*** Source material Section Begins ***

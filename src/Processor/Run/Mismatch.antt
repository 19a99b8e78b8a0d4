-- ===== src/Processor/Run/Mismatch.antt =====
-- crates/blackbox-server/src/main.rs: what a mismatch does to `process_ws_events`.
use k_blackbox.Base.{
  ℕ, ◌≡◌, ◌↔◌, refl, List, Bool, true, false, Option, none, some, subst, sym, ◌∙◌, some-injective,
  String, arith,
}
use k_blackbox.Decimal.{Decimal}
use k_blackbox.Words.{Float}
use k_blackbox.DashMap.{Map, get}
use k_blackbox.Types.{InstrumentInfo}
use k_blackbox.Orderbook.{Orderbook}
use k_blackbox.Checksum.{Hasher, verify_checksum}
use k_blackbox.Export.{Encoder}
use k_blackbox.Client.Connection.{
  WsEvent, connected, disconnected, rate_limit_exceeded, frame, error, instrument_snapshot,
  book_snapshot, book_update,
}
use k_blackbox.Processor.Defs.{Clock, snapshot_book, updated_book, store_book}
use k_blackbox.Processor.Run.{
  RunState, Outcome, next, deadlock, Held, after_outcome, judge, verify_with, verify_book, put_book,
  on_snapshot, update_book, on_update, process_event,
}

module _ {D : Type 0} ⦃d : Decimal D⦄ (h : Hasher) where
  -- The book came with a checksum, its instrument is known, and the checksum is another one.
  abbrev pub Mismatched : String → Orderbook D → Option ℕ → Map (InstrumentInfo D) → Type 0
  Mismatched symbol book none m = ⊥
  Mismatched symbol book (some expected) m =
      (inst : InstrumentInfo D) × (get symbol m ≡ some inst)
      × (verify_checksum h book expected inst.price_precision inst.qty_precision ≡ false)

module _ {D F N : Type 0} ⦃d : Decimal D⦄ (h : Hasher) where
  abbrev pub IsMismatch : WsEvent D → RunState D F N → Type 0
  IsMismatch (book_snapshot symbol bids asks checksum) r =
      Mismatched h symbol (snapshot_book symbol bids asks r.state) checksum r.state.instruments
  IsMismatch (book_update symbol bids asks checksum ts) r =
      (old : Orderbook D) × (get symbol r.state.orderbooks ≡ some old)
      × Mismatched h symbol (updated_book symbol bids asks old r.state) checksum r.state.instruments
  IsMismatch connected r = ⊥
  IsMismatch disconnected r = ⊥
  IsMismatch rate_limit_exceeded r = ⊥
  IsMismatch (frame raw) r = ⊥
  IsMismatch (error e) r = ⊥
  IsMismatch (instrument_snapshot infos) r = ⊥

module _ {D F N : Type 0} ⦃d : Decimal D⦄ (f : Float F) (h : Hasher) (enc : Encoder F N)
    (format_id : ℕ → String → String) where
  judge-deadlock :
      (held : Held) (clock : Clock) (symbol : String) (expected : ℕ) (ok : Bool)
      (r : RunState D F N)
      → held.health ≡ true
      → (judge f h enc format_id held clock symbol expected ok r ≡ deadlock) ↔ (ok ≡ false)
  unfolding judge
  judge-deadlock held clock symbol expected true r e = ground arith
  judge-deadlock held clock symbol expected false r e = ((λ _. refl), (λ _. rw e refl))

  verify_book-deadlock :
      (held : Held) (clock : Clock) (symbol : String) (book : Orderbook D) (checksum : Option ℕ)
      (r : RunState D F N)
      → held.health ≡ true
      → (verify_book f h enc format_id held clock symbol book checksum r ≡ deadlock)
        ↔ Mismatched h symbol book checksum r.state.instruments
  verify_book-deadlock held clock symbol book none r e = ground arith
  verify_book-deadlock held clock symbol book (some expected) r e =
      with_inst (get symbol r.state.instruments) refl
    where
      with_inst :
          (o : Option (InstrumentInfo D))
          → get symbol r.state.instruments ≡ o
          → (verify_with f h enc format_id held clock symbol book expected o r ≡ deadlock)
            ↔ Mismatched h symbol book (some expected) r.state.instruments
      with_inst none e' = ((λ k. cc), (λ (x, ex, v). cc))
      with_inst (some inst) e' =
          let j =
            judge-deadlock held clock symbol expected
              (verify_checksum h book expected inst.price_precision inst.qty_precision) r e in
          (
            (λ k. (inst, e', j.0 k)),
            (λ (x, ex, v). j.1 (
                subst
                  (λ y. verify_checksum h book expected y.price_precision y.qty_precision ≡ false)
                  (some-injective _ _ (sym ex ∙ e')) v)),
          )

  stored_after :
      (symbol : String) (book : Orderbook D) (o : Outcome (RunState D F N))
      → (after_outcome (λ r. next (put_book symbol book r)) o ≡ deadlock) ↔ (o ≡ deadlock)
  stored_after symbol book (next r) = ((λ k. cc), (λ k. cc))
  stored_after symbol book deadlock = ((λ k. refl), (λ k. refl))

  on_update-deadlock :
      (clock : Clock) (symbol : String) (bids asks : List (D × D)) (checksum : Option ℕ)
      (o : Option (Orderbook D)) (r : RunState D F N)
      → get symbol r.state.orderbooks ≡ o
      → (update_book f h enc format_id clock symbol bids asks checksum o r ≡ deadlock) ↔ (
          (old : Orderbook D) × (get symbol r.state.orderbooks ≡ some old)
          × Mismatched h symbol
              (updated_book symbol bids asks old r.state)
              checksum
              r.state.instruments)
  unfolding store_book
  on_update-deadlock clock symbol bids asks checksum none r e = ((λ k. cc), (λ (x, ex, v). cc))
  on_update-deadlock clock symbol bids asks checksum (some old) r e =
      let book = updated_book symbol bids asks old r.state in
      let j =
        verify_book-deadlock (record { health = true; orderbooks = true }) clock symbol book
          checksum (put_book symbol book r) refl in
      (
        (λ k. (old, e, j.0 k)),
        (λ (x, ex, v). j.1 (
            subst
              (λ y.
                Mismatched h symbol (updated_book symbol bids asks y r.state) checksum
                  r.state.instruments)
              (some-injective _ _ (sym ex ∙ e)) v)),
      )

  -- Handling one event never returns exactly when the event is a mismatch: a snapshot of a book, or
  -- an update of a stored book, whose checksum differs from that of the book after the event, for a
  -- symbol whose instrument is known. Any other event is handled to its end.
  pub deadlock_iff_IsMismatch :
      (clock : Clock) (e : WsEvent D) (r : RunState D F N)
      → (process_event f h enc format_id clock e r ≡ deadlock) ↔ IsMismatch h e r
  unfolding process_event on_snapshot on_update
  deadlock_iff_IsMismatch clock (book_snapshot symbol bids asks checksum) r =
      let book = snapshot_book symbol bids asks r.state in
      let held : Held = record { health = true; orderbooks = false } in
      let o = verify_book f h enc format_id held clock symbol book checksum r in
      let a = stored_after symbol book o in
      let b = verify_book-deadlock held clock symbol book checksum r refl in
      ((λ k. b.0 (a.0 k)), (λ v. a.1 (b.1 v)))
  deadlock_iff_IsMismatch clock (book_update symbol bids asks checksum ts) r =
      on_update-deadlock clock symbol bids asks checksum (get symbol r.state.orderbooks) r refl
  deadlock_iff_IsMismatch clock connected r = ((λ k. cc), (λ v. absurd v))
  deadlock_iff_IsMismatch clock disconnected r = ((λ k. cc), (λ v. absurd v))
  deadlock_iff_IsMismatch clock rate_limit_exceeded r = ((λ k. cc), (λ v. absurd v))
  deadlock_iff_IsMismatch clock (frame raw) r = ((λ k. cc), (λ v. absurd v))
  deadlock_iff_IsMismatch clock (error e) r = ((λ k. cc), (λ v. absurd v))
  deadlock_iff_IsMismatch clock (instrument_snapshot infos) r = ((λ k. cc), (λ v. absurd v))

*** Source material Section Ends ***

The response should consist of the entries, retyped exactly and in full.

» **Result for this task**:
filename src/Processor/Run/Mismatch.antt
repository 19a99b8e78b8a0d4
-- ===== src/Processor/Run/Mismatch.antt =====
-- crates/blackbox-server/src/main.rs: what a mismatch does to `process_ws_events`.
use k_blackbox.Base.{
  ℕ, ◌≡◌, ◌↔◌, refl, List, Bool, true, false, Option, none, some, subst, sym, ◌∙◌, some-injective,
  String, arith,
}
use k_blackbox.Decimal.{Decimal}
use k_blackbox.Words.{Float}
use k_blackbox.DashMap.{Map, get}
use k_blackbox.Types.{InstrumentInfo}
use k_blackbox.Orderbook.{Orderbook}
use k_blackbox.Checksum.{Hasher, verify_checksum}
use k_blackbox.Export.{Encoder}
use k_blackbox.Client.Connection.{
  WsEvent, connected, disconnected, rate_limit_exceeded, frame, error, instrument_snapshot,
  book_snapshot, book_update,
}
use k_blackbox.Processor.Defs.{Clock, snapshot_book, updated_book, store_book}
use k_blackbox.Processor.Run.{
  RunState, Outcome, next, deadlock, Held, after_outcome, judge, verify_with, verify_book, put_book,
  on_snapshot, update_book, on_update, process_event,
}

module _ {D : Type 0} ⦃d : Decimal D⦄ (h : Hasher) where
  -- The book came with a checksum, its instrument is known, and the checksum is another one.
  abbrev pub Mismatched : String → Orderbook D → Option ℕ → Map (InstrumentInfo D) → Type 0
  Mismatched symbol book none m = ⊥
  Mismatched symbol book (some expected) m =
      (inst : InstrumentInfo D) × (get symbol m ≡ some inst)
      × (verify_checksum h book expected inst.price_precision inst.qty_precision ≡ false)

module _ {D F N : Type 0} ⦃d : Decimal D⦄ (h : Hasher) where
  abbrev pub IsMismatch : WsEvent D → RunState D F N → Type 0
  IsMismatch (book_snapshot symbol bids asks checksum) r =
      Mismatched h symbol (snapshot_book symbol bids asks r.state) checksum r.state.instruments
  IsMismatch (book_update symbol bids asks checksum ts) r =
      (old : Orderbook D) × (get symbol r.state.orderbooks ≡ some old)
      × Mismatched h symbol (updated_book symbol bids asks old r.state) checksum r.state.instruments
  IsMismatch connected r = ⊥
  IsMismatch disconnected r = ⊥
  IsMismatch rate_limit_exceeded r = ⊥
  IsMismatch (frame raw) r = ⊥
  IsMismatch (error e) r = ⊥
  IsMismatch (instrument_snapshot infos) r = ⊥

module _ {D F N : Type 0} ⦃d : Decimal D⦄ (f : Float F) (h : Hasher) (enc : Encoder F N)
    (format_id : ℕ → String → String) where
  judge-deadlock :
      (held : Held) (clock : Clock) (symbol : String) (expected : ℕ) (ok : Bool)
      (r : RunState D F N)
      → held.health ≡ true
      → (judge f h enc format_id held clock symbol expected ok r ≡ deadlock) ↔ (ok ≡ false)
  unfolding judge
  judge-deadlock held clock symbol expected true r e = ground arith
  judge-deadlock held clock symbol expected false r e = ((λ _. refl), (λ _. rw e refl))

  verify_book-deadlock :
      (held : Held) (clock : Clock) (symbol : String) (book : Orderbook D) (checksum : Option ℕ)
      (r : RunState D F N)
      → held.health ≡ true
      → (verify_book f h enc format_id held clock symbol book checksum r ≡ deadlock)
        ↔ Mismatched h symbol book checksum r.state.instruments
  verify_book-deadlock held clock symbol book none r e = ground arith
  verify_book-deadlock held clock symbol book (some expected) r e =
      with_inst (get symbol r.state.instruments) refl
    where
      with_inst :
          (o : Option (InstrumentInfo D))
          → get symbol r.state.instruments ≡ o
          → (verify_with f h enc format_id held clock symbol book expected o r ≡ deadlock)
            ↔ Mismatched h symbol book (some expected) r.state.instruments
      with_inst none e' = ((λ k. cc), (λ (x, ex, v). cc))
      with_inst (some inst) e' =
          let j =
            judge-deadlock held clock symbol expected
              (verify_checksum h book expected inst.price_precision inst.qty_precision) r e in
          (
            (λ k. (inst, e', j.0 k)),
            (λ (x, ex, v). j.1 (
                subst
                  (λ y. verify_checksum h book expected y.price_precision y.qty_precision ≡ false)
                  (some-injective _ _ (sym ex ∙ e')) v)),
          )

  stored_after :
      (symbol : String) (book : Orderbook D) (o : Outcome (RunState D F N))
      → (after_outcome (λ r. next (put_book symbol book r)) o ≡ deadlock) ↔ (o ≡ deadlock)
  stored_after symbol book (next r) = ((λ k. cc), (λ k. cc))
  stored_after symbol book deadlock = ((λ k. refl), (λ k. refl))

  on_update-deadlock :
      (clock : Clock) (symbol : String) (bids asks : List (D × D)) (checksum : Option ℕ)
      (o : Option (Orderbook D)) (r : RunState D F N)
      → get symbol r.state.orderbooks ≡ o
      → (update_book f h enc format_id clock symbol bids asks checksum o r ≡ deadlock) ↔ (
          (old : Orderbook D) × (get symbol r.state.orderbooks ≡ some old)
          × Mismatched h symbol
              (updated_book symbol bids asks old r.state)
              checksum
              r.state.instruments)
  unfolding store_book
  on_update-deadlock clock symbol bids asks checksum none r e = ((λ k. cc), (λ (x, ex, v). cc))
  on_update-deadlock clock symbol bids asks checksum (some old) r e =
      let book = updated_book symbol bids asks old r.state in
      let j =
        verify_book-deadlock (record { health = true; orderbooks = true }) clock symbol book
          checksum (put_book symbol book r) refl in
      (
        (λ k. (old, e, j.0 k)),
        (λ (x, ex, v). j.1 (
            subst
              (λ y.
                Mismatched h symbol (updated_book symbol bids asks y r.state) checksum
                  r.state.instruments)
              (some-injective _ _ (sym ex ∙ e)) v)),
      )

  -- Handling one event never returns exactly when the event is a mismatch: a snapshot of a book, or
  -- an update of a stored book, whose checksum differs from that of the book after the event, for a
  -- symbol whose instrument is known. Any other event is handled to its end.
  pub deadlock_iff_IsMismatch :
      (clock : Clock) (e : WsEvent D) (r : RunState D F N)
      → (process_event f h enc format_id clock e r ≡ deadlock) ↔ IsMismatch h e r
  unfolding process_event on_snapshot on_update
  deadlock_iff_IsMismatch clock (book_snapshot symbol bids asks checksum) r =
      let book = snapshot_book symbol bids asks r.state in
      let held : Held = record { health = true; orderbooks = false } in
      let o = verify_book f h enc format_id held clock symbol book checksum r in
      let a = stored_after symbol book o in
      let b = verify_book-deadlock held clock symbol book checksum r refl in
      ((λ k. b.0 (a.0 k)), (λ v. a.1 (b.1 v)))
  deadlock_iff_IsMismatch clock (book_update symbol bids asks checksum ts) r =
      on_update-deadlock clock symbol bids asks checksum (get symbol r.state.orderbooks) r refl
  deadlock_iff_IsMismatch clock connected r = ((λ k. cc), (λ v. absurd v))
  deadlock_iff_IsMismatch clock disconnected r = ((λ k. cc), (λ v. absurd v))
  deadlock_iff_IsMismatch clock rate_limit_exceeded r = ((λ k. cc), (λ v. absurd v))
  deadlock_iff_IsMismatch clock (frame raw) r = ((λ k. cc), (λ v. absurd v))
  deadlock_iff_IsMismatch clock (error e) r = ((λ k. cc), (λ v. absurd v))
  deadlock_iff_IsMismatch clock (instrument_snapshot infos) r = ((λ k. cc), (λ v. absurd v))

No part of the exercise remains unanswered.